══ Task data

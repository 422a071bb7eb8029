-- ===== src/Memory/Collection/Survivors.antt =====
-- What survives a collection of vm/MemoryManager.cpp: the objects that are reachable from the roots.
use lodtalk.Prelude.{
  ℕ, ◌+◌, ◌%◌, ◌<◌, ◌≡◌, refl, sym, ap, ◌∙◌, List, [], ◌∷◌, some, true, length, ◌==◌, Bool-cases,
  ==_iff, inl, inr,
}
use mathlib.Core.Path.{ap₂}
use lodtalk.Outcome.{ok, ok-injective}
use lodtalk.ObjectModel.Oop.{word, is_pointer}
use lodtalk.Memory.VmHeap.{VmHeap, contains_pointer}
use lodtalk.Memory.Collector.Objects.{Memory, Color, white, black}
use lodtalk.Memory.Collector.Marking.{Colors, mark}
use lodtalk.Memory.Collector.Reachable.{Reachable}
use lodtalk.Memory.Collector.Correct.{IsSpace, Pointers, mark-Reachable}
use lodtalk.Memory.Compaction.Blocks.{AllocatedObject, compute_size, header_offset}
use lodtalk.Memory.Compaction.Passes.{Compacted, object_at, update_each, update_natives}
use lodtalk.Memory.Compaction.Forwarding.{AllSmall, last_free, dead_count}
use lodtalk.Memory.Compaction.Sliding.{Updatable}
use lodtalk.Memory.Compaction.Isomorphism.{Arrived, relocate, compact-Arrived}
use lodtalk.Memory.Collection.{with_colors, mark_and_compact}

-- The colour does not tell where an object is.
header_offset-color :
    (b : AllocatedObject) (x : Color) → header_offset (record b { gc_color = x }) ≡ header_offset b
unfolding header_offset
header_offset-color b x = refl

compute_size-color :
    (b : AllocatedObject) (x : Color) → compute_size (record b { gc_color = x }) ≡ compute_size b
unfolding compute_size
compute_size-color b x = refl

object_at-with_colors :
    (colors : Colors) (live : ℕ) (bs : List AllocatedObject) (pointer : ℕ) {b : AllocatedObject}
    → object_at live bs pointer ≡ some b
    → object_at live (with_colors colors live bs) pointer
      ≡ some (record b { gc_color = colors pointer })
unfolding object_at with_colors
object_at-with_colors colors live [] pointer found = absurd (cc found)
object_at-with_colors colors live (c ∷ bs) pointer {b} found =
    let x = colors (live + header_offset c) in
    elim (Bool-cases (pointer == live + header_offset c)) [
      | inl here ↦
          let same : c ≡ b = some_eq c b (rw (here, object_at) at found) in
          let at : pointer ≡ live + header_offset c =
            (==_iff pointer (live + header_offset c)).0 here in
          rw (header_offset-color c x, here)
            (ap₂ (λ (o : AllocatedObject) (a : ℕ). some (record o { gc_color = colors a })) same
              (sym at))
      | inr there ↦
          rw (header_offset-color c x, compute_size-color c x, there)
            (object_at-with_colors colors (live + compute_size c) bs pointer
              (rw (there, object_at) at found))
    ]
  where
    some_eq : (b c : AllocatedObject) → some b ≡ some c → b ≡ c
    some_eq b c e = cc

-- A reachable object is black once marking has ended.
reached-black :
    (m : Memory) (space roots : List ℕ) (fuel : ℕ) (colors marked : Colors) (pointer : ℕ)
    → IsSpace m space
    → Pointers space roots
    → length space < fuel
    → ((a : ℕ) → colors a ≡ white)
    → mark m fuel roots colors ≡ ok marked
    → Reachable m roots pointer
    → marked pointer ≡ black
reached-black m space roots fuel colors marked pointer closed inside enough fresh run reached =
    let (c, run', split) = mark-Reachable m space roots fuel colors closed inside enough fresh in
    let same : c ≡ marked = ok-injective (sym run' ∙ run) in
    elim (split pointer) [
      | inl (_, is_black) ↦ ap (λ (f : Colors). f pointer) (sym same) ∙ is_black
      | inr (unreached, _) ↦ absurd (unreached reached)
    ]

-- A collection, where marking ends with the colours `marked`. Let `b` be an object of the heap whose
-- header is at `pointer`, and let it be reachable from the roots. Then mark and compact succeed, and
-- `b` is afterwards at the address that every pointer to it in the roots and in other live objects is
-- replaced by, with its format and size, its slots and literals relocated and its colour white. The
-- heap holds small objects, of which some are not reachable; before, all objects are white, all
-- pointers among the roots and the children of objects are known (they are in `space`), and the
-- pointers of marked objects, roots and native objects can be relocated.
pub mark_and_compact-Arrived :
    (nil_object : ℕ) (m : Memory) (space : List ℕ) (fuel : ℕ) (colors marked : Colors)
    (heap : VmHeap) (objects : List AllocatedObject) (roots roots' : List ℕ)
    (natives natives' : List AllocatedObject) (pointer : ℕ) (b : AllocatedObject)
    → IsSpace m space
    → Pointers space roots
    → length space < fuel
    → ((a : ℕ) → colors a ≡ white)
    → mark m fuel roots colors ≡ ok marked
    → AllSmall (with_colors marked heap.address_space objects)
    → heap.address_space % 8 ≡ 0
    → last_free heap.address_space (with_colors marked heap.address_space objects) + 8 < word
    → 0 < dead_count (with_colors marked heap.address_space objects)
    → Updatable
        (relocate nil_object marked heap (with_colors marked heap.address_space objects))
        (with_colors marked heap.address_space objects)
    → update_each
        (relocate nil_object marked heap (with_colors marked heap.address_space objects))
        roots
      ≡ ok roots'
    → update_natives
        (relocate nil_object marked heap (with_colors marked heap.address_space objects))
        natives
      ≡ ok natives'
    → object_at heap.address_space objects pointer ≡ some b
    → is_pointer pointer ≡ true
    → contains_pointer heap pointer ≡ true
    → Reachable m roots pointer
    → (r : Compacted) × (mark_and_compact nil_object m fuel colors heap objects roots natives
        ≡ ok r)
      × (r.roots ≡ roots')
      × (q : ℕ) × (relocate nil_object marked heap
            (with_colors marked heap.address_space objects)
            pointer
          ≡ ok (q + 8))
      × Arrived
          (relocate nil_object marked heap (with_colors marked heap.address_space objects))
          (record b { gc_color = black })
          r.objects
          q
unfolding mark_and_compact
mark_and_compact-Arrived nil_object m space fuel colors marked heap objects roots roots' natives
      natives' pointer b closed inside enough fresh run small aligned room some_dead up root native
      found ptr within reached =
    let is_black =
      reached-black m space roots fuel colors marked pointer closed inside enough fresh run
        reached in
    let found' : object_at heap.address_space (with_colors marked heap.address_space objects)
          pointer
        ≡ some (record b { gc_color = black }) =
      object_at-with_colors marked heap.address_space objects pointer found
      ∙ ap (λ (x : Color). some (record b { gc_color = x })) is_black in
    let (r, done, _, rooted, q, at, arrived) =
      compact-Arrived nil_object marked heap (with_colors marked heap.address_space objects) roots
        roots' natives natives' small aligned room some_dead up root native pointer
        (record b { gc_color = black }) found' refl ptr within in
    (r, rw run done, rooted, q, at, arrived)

════

* **To do**: Return all the data above, unaltered and complete.

* **Solution to the exercise**:
repository 422a071bb7eb8029
-- ===== src/Memory/Collection/Survivors.antt =====
-- What survives a collection of vm/MemoryManager.cpp: the objects that are reachable from the roots.
use lodtalk.Prelude.{
  ℕ, ◌+◌, ◌%◌, ◌<◌, ◌≡◌, refl, sym, ap, ◌∙◌, List, [], ◌∷◌, some, true, length, ◌==◌, Bool-cases,
  ==_iff, inl, inr,
}
use mathlib.Core.Path.{ap₂}
use lodtalk.Outcome.{ok, ok-injective}
use lodtalk.ObjectModel.Oop.{word, is_pointer}
use lodtalk.Memory.VmHeap.{VmHeap, contains_pointer}
use lodtalk.Memory.Collector.Objects.{Memory, Color, white, black}
use lodtalk.Memory.Collector.Marking.{Colors, mark}
use lodtalk.Memory.Collector.Reachable.{Reachable}
use lodtalk.Memory.Collector.Correct.{IsSpace, Pointers, mark-Reachable}
use lodtalk.Memory.Compaction.Blocks.{AllocatedObject, compute_size, header_offset}
use lodtalk.Memory.Compaction.Passes.{Compacted, object_at, update_each, update_natives}
use lodtalk.Memory.Compaction.Forwarding.{AllSmall, last_free, dead_count}
use lodtalk.Memory.Compaction.Sliding.{Updatable}
use lodtalk.Memory.Compaction.Isomorphism.{Arrived, relocate, compact-Arrived}
use lodtalk.Memory.Collection.{with_colors, mark_and_compact}

-- The colour does not tell where an object is.
header_offset-color :
    (b : AllocatedObject) (x : Color) → header_offset (record b { gc_color = x }) ≡ header_offset b
unfolding header_offset
header_offset-color b x = refl

compute_size-color :
    (b : AllocatedObject) (x : Color) → compute_size (record b { gc_color = x }) ≡ compute_size b
unfolding compute_size
compute_size-color b x = refl

object_at-with_colors :
    (colors : Colors) (live : ℕ) (bs : List AllocatedObject) (pointer : ℕ) {b : AllocatedObject}
    → object_at live bs pointer ≡ some b
    → object_at live (with_colors colors live bs) pointer
      ≡ some (record b { gc_color = colors pointer })
unfolding object_at with_colors
object_at-with_colors colors live [] pointer found = absurd (cc found)
object_at-with_colors colors live (c ∷ bs) pointer {b} found =
    let x = colors (live + header_offset c) in
    elim (Bool-cases (pointer == live + header_offset c)) [
      | inl here ↦
          let same : c ≡ b = some_eq c b (rw (here, object_at) at found) in
          let at : pointer ≡ live + header_offset c =
            (==_iff pointer (live + header_offset c)).0 here in
          rw (header_offset-color c x, here)
            (ap₂ (λ (o : AllocatedObject) (a : ℕ). some (record o { gc_color = colors a })) same
              (sym at))
      | inr there ↦
          rw (header_offset-color c x, compute_size-color c x, there)
            (object_at-with_colors colors (live + compute_size c) bs pointer
              (rw (there, object_at) at found))
    ]
  where
    some_eq : (b c : AllocatedObject) → some b ≡ some c → b ≡ c
    some_eq b c e = cc

-- A reachable object is black once marking has ended.
reached-black :
    (m : Memory) (space roots : List ℕ) (fuel : ℕ) (colors marked : Colors) (pointer : ℕ)
    → IsSpace m space
    → Pointers space roots
    → length space < fuel
    → ((a : ℕ) → colors a ≡ white)
    → mark m fuel roots colors ≡ ok marked
    → Reachable m roots pointer
    → marked pointer ≡ black
reached-black m space roots fuel colors marked pointer closed inside enough fresh run reached =
    let (c, run', split) = mark-Reachable m space roots fuel colors closed inside enough fresh in
    let same : c ≡ marked = ok-injective (sym run' ∙ run) in
    elim (split pointer) [
      | inl (_, is_black) ↦ ap (λ (f : Colors). f pointer) (sym same) ∙ is_black
      | inr (unreached, _) ↦ absurd (unreached reached)
    ]

-- A collection, where marking ends with the colours `marked`. Let `b` be an object of the heap whose
-- header is at `pointer`, and let it be reachable from the roots. Then mark and compact succeed, and
-- `b` is afterwards at the address that every pointer to it in the roots and in other live objects is
-- replaced by, with its format and size, its slots and literals relocated and its colour white. The
-- heap holds small objects, of which some are not reachable; before, all objects are white, all
-- pointers among the roots and the children of objects are known (they are in `space`), and the
-- pointers of marked objects, roots and native objects can be relocated.
pub mark_and_compact-Arrived :
    (nil_object : ℕ) (m : Memory) (space : List ℕ) (fuel : ℕ) (colors marked : Colors)
    (heap : VmHeap) (objects : List AllocatedObject) (roots roots' : List ℕ)
    (natives natives' : List AllocatedObject) (pointer : ℕ) (b : AllocatedObject)
    → IsSpace m space
    → Pointers space roots
    → length space < fuel
    → ((a : ℕ) → colors a ≡ white)
    → mark m fuel roots colors ≡ ok marked
    → AllSmall (with_colors marked heap.address_space objects)
    → heap.address_space % 8 ≡ 0
    → last_free heap.address_space (with_colors marked heap.address_space objects) + 8 < word
    → 0 < dead_count (with_colors marked heap.address_space objects)
    → Updatable
        (relocate nil_object marked heap (with_colors marked heap.address_space objects))
        (with_colors marked heap.address_space objects)
    → update_each
        (relocate nil_object marked heap (with_colors marked heap.address_space objects))
        roots
      ≡ ok roots'
    → update_natives
        (relocate nil_object marked heap (with_colors marked heap.address_space objects))
        natives
      ≡ ok natives'
    → object_at heap.address_space objects pointer ≡ some b
    → is_pointer pointer ≡ true
    → contains_pointer heap pointer ≡ true
    → Reachable m roots pointer
    → (r : Compacted) × (mark_and_compact nil_object m fuel colors heap objects roots natives
        ≡ ok r)
      × (r.roots ≡ roots')
      × (q : ℕ) × (relocate nil_object marked heap
            (with_colors marked heap.address_space objects)
            pointer
          ≡ ok (q + 8))
      × Arrived
          (relocate nil_object marked heap (with_colors marked heap.address_space objects))
          (record b { gc_color = black })
          r.objects
          q
unfolding mark_and_compact
mark_and_compact-Arrived nil_object m space fuel colors marked heap objects roots roots' natives
      natives' pointer b closed inside enough fresh run small aligned room some_dead up root native
      found ptr within reached =
    let is_black =
      reached-black m space roots fuel colors marked pointer closed inside enough fresh run
        reached in
    let found' : object_at heap.address_space (with_colors marked heap.address_space objects)
          pointer
        ≡ some (record b { gc_color = black }) =
      object_at-with_colors marked heap.address_space objects pointer found
      ∙ ap (λ (x : Color). some (record b { gc_color = x })) is_black in
    let (r, done, _, rooted, q, at, arrived) =
      compact-Arrived nil_object marked heap (with_colors marked heap.address_space objects) roots
        roots' natives natives' small aligned room some_dead up root native pointer
        (record b { gc_color = black }) found' refl ptr within in
    (r, rw run done, rooted, q, at, arrived)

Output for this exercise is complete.